We have an outdoor b-b-q but it's January!

These recipes really look good and I would like to make them.

Is broiling equivalent?


----------



## phatch (Mar 29, 2002)

Broiling is often the solution for many but it's not the same. Not as hot, not smoky and so on. 

Steve Raichlen wrote a pretty good book on indoor grilling, Indoor! Grilling by Steven Raichlen.

Your choices are an electric grill (George Foreman type and other brands) cast iron grill pan/griddle, and at the hearth. 

All of these produce some degree of smoke. You need a way to deal with it. If you have an exterior venting hood over your stove (and you should but most don't) a grill pan/griddle is a good solution. 

The fireplace solves the smoke problem itself but it's not a very forgiving cooking stance in most situations. 

The electrics I have no experience with. 

But don't let January stop you from using your outdoor grill. It will burn plenty hot and you can make great food. I grill and bbq all year round outside.


----------



## missyjean (Nov 5, 2009)

My husband does all the grilling in the summer. He thinks meat should be cooked-which means very well done. He would not follow a recipe.

Are the stove top grill pans a viable choice?


----------



## phatch (Mar 29, 2002)

I use one a lot. You need to deal with the smoke though. You can fill up the house and set off the alarms very quickly.


----------



## kyheirloomer (Feb 1, 2007)

I've not used one myself, but my son has an electric grill and no vent. He says it does not produce smoke.

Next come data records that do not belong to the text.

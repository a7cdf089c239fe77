-- ===== src/Examples/Agent.antt =====
-- An agent that is closed with an operation in flight and a session open.
use go_rag_agent.Base.{true, false, [], ◌≡◌, refl, ◌≤◌, pos, codes, any}
use go_rag_agent.Agent.{
  Agent, waiting, drained, collected, done, new_agent, count_begin, end_operation, add_session,
  begin_checks, begin_counts, get_checks, get_adds, close_swaps, close_waits, close_collects,
  close_closes, close_returns, ends, Run, stop, then_step, new_tool_call_budget, acquire_call,
}
use go_rag_agent.Agent.Lifecycle.{rank, close_waits_for}

abbrev begun : Agent
begun = record new_agent { begins = true }

abbrev counted : Agent
counted = count_begin begun

abbrev asked : Agent
asked = record counted { gets = true }

abbrev served : Agent
served = add_session (codes "s") asked

abbrev closing : Agent
closing = record served { closed = true; phase = waiting }

closing-Run : Run new_agent closing
unfolding count_begin add_session any
closing-Run =
    then_step new_agent served closing
      (then_step new_agent asked served
        (then_step new_agent counted asked
          (then_step new_agent begun counted
            (then_step new_agent new_agent begun (stop new_agent)
              (begin_checks new_agent refl refl))
            (begin_counts begun refl))
          (get_checks counted refl refl))
        (get_adds asked (codes "s") refl))
      (close_swaps served refl)

-- the same, once the operation has ended and `Close` has returned
abbrev ended : Agent
ended = end_operation closing

abbrev past_wait : Agent
past_wait = record ended { phase = drained }

abbrev taken : Agent
taken = record past_wait { phase = collected }

abbrev shut : Agent
shut = record taken { sessions = [] }

abbrev returned : Agent
returned = record shut { phase = done }

returned-Run : Run new_agent returned
unfolding count_begin add_session end_operation any
returned-Run =
    then_step new_agent shut returned
      (then_step new_agent taken shut
        (then_step new_agent past_wait taken
          (then_step new_agent ended past_wait
            (then_step new_agent closing ended closing-Run (ends closing refl))
            (close_waits ended refl refl refl))
          (close_collects past_wait refl refl))
        (close_closes taken (codes "s") [] refl refl))
      (close_returns shut refl refl)

close_waits_for_example :
    (2 ≤ rank returned.phase → (returned.begins ≡ false) × (returned.in_flight ≡ 0))
    × (3 ≤ rank returned.phase → returned.gets ≡ false)
    × (returned.phase ≡ done → returned.sessions ≡ [])
close_waits_for_example = close_waits_for returned returned-Run

budget_of_one :
    ((acquire_call (new_tool_call_budget (pos 1))).1 ≡ true)
    × ((acquire_call (acquire_call (new_tool_call_budget (pos 1))).0).1 ≡ false)
unfolding acquire_call new_tool_call_budget
budget_of_one = (refl, refl)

Hard to believe, I know. But, then again, I saw a demo of one of them one time, and it, too, seemed to be relatively smoke free. 

Anybody got hands-on experience with them?


----------



## oregonyeti (Jun 16, 2007)

I have a gas grill that I use year-round. When the weather's not great I use it in my garage, with the garage door open.


----------



## wildboar (Nov 25, 2009)

I have a cast iron grill from Lodge that spans two burners on my range. Best $35 we've spent in the kitchen. We use it extensively for grilling slices of squash, onions, lettuce leaves (sounds weird, but the smokeyness is great), etc., plus things like burgers. Get it good and hot, and it leaves nice grill marks and the drippings make smoke that flavors whatever you are grilling.

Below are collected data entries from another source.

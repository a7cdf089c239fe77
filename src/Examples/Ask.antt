-- ===== src/Examples/Ask.antt =====
-- Examples for the questions of agent.go.
use go_rag_agent.Base.{
  true, false, ◌≡◌, refl, [], ◌∷◌, none, some, inl, inr, pos, Text, codes, text_eq, any, filter,
  take,
}
use go_rag_agent.Agent.{new_tool_call_budget}
use go_rag_agent.Memory.{Turn}
use go_rag_agent.Access.{
  AccessBoundary, PolicyRequest, normalize_boundary, apply_to_retrieval, constrain, after_policy,
}
use go_rag_agent.Rag.Chunker.{Chunk}
use go_rag_agent.Rag.Context.{assemble_context, finish, assemble_loop, is_seen, next_part, keep}
use go_rag_agent.Rag.Rewrite.{RuneTables, rewrite_follow_up}
use go_rag_agent.Ask.{
  citations_from_hits, access_boundary_filter, Host, memorized, committed, recorded, emitted, done,
  failure, access,
}
use go_rag_agent.Ask.Answer.{ask_with_format}
use go_rag_agent.Ask.Streaming.{ask_stream}
use go_rag_agent.Ask.Streams.{stream_denied}

abbrev plain_runes : RuneTables
plain_runes = record { to_lower = λ text. text; is_punct = λ c. false }

abbrev open_boundary : AccessBoundary
open_boundary = record {
  namespace = [];
  allowed_source_paths = [];
  allowed_source_prefixes = [];
  policy = none;
}

abbrev request_for : Text → PolicyRequest
request_for query = record {
  session_id = codes "s";
  query = query;
  filter = record { source_paths = []; source_prefixes = []; metadata = [] };
  memory_scope = record { user_id = []; tenant = [] };
}

abbrev found : Chunk
found = record {
  chunk_id = codes "c";
  parent_id = [];
  source_path = codes "/a.md";
  title = codes "a";
  metadata = [];
  text = codes "it is so";
  start_rune = 0;
  end_rune = 8;
}

-- everything goes well
abbrev host : Host
host = record {
  context_error = λ log. none;
  out_of_budget = λ log. false;
  store_load = none;
  local_history = [];
  fail_open = false;
  max_history_rounds = pos 8;
  runes = plain_runes;
  boundary = open_boundary;
  policy_request = request_for;
  hook = λ log k. none;
  search = λ log query f. (inr (found ∷ []), []);
  max_tool_calls = pos 4;
  has_fallback_tools = false;
  recall = λ log query. inr [];
  generate = λ log request. inr (codes "yes");
  plan = λ log request. codes "ye" ∷ codes "s" ∷ [];
  plan_end = λ log request emitter. emitter;
  wraps = λ err emitter. true;
  web_citations = λ log. [];
  emit = λ log event. none;
  memorize = λ log turn. none;
  commit = λ log turn. none;
  record_trace = λ log err. none;
}

-- the history cannot be written
abbrev full : Host
full = record host { commit = λ log turn. some (record { signs = []; text = codes "full" }) }

abbrev turn : Turn
turn = record { user = codes "so?"; assistant = codes "yes" }

-- a boundary whose hook denies every request
abbrev strict : Host
strict = record host {
  boundary = record open_boundary {
    policy = some (record {
      transform_knowledge_file = λ file. inr file;
      constrain_retrieval = λ request. inl (codes "no");
    });
  };
}

ask_yes :
    (ask_with_format host (codes "so?") []).0
    ≡ inr (record {
      text = codes "yes";
      citations =
          record {
            source_path = codes "/a.md";
            title = codes "a";
            chunk_id = codes "c";
            start_rune = 0;
            end_rune = 8;
          }
          ∷ [];
    })
unfolding ask_with_format access_boundary_filter apply_to_retrieval constrain normalize_boundary
    new_tool_call_budget assemble_context finish assemble_loop is_seen next_part keep
    citations_from_hits filter any text_eq
ask_yes = refl

-- the emitter and the recorder have seen a success, and the caller gets an error
stream_full :
    ((ask_stream full (codes "so?")).0 ≡ inl (record { signs = []; text = codes "full" }))
    × (take 4 (ask_stream full (codes "so?")).1
        ≡ committed turn ∷ memorized turn ∷ recorded none ∷ emitted done ∷ [])
unfolding ask_stream access_boundary_filter apply_to_retrieval constrain normalize_boundary
    new_tool_call_budget assemble_context finish assemble_loop is_seen next_part keep
    citations_from_hits filter any text_eq
stream_full = (refl, refl)

strict_denies :
    access_boundary_filter strict (rewrite_follow_up plain_runes (codes "so?") [])
    ≡ inl (failure access (codes "no"))
unfolding access_boundary_filter apply_to_retrieval constrain normalize_boundary after_policy
strict_denies = refl

stream_denied_example :
    (ask_stream strict (codes "so?") ≡ (inl (failure access (codes "no")), []))
    × ((ask_with_format strict (codes "so?") []).1
        ≡ recorded (some (failure access (codes "no"))) ∷ [])
stream_denied_example =
    stream_denied strict (codes "so?") [] (failure access (codes "no")) refl refl strict_denies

One caveat -- we have a prosumer vent hood, which is key to controlling/ exhausting the smoke.


----------



## chrislehrer (Oct 9, 2008)

I don't know if you have a big Asian market nearby at all, or if someone can point to a place to buy one of these on the web, but a great solution is a Japanese thing called a yaki ami. Basically it's two parts: a fine-mesh steel screen and a coarse-mesh steel screen, separated by one of several different systems that keep them about 2 inches apart. You put the fine screen directly on a regular-sized gas range, just like you would a pot. You put the coarse screen so it's above this. Turn on the range full blast, wait about 30 seconds for a bunch of the fine screen to go cherry red, then turn it down a bit as needed. Turn on the fan!!! Now after about 30 seconds, the upper screen will be scary hot, and you can grill on this. 

It's great for grilling a relatively small amount of material, like for 2-3 people or something. It's especially good for grilling fish and vegetables, as well as relatively lean meats. Fattier cuts and meats will drip fat straight onto that fine mesh, where it will flare and produce smoke, which obviously isn't desirable.

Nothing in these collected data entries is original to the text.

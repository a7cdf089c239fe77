-- ===== src/Examples/Cache.antt =====
-- A cache of two entries whose prompts are kept for ten nanoseconds; a message is a text.
use go_rag_agent.Base.{
  false, List, [], ◌∷◌, ◌≡◌, refl, none, some, pos, Text, codes, text_eq, find, delete,
}
use go_rag_agent.Cache.{
  PromptCacheConfig, normalize_config, Entry, PromptCache, new_prompt_cache, expiry, is_expired,
  get_found, get, drop_back, evict_back, set_found, set, remove_expired, stats,
}
use go_rag_agent.Cache.Reads.{Call, got, put_in, perform, perform_all, latest, get-latest}
use go_rag_agent.Cache.TwoLevel.{Level, in_memory, read_level}

abbrev config : PromptCacheConfig
config = record { max_entries = pos 2; ttl = pos 10 }

abbrev empty : PromptCache Text
empty = new_prompt_cache config

-- the third entry evicts "b", which was used before "a"
abbrev calls : List (Call Text)
calls =
    put_in 1 (codes "a") (codes "x" ∷ [])
    ∷ put_in 2 (codes "b") (codes "y" ∷ [])
    ∷ got 3 (codes "a")
    ∷ put_in 4 (codes "c") (codes "z" ∷ [])
    ∷ []

a_stays :
    ((get 5 (codes "a") (perform_all calls empty)).1 ≡ some (codes "x" ∷ []))
    × ((get 5 (codes "b") (perform_all calls empty)).1 ≡ none)
    × ((get 11 (codes "a") (perform_all calls empty)).1 ≡ none)
    × ((stats 12 (perform_all calls empty)).1 ≡ 1)
unfolding get get_found set set_found perform perform_all stats remove_expired new_prompt_cache
    normalize_config expiry is_expired evict_back drop_back find delete text_eq
a_stays = (refl, refl, refl, refl)

a_read : (get 5 (codes "a") (perform_all calls empty)).1 ≡ some (codes "x" ∷ [])
a_read = a_stays.0

get-latest_example :
    (e : Entry Text) × (latest (normalize_config config) (codes "a") calls none ≡ some e)
    × (e.messages ≡ codes "x" ∷ [])
    × (is_expired 5 e ≡ false)
get-latest_example = get-latest config calls 5 (codes "a") (codes "x" ∷ []) a_read

abbrev level : Level (PromptCache Text) Text
level = in_memory Text 5

-- a remote level that has "a"
abbrev remote_state : PromptCache Text
remote_state = set 4 (codes "a") (codes "x" ∷ []) empty

missed : (level.read (codes "a") empty).1 ≡ none
unfolding get get_found find new_prompt_cache
missed = refl

found : (read_level (some level) (codes "a") remote_state).1 ≡ some (codes "x" ∷ [])
unfolding read_level get get_found set set_found new_prompt_cache normalize_config expiry is_expired
    evict_back find text_eq
found = refl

One really cool thing about this is that the temperature is totally controlled by you, with very fine precision, and if you put your range on full-blast it gets so scary hot that if your tongs or whatever aren't long enough you will lose the hair on your fingers just getting close to it. So if you want scary-hot grilling -- great for fish, BTW -- and you've got a decent range hood, a yaki ami is a good solution.


----------



## oregonyeti (Jun 16, 2007)

Last night I cooked some burgers on the gas grill. They were spitting so much grease it looked like big campfire. I took them off and finished them in the oven at 350 for about 5 mins. Hate it when that happens.


----------



## missyjean (Nov 5, 2009)

Hmm, that is very interesting. I have to mention this to m y hussband to see if it will work for us. Our fan is a microwave with an exhaust. He would know if we can do it.

Thank you for your suggestion


----------



## missyjean (Nov 5, 2009)

That is what I probably need.


----------



## peterflemg80 (May 27, 2009)

Electric grills are best option for outdoor grilling.


----------



## missyjean (Nov 5, 2009)

Which one does he have?


----------



## kyheirloomer (Feb 1, 2007)

I'll have to check, MissyJean, and get back to you.

_Electric grills are best option for outdoor grilling._

Surely you mistyped, Peter? Electric grills would be the last thing I'd choose for outdoor grilling.

First would be charcoal and/or hardwood. Then, if I had to, I'd use a gas grill (although I don't understand the point of them). After that, I'd just cook indoors and be done.


----------



## allie (Jul 21, 2006)

I have a Wolfgang Puck grill/griddle and I enjoy using it. I've been using it for over two years now and have had no problems with it up to this time. It's better to use low fat meats or there will be some smoke. I don't have a working exhaust fan in my kitchen so use mine near the window. I like the fact that it's not just an indoor grill. I just used the griddle part this morning for pancakes and sausage.


----------



## whitney0125 (Feb 14, 2010)

hello,

I am using also a gas bbq grills for a long time. And it is really good. I am enjoying it very much. Its so easy to use and grill foods using it. You can also try to use it and if you are confused try to google some of the reviews.

thanks,
whitney


----------



## lovetobake45 (Feb 4, 2010)

I have a Sunbeam indoor grill and I tried to cook on it a few times I did not like it.I found it took a long time to cook anything and the outside was done and the inside raw I was expecting a lot better result.So it is ready for the next garage sale!


----------



## kyheirloomer (Feb 1, 2007)

Finally got my son to check. The grill he uses is a de Longe.


----------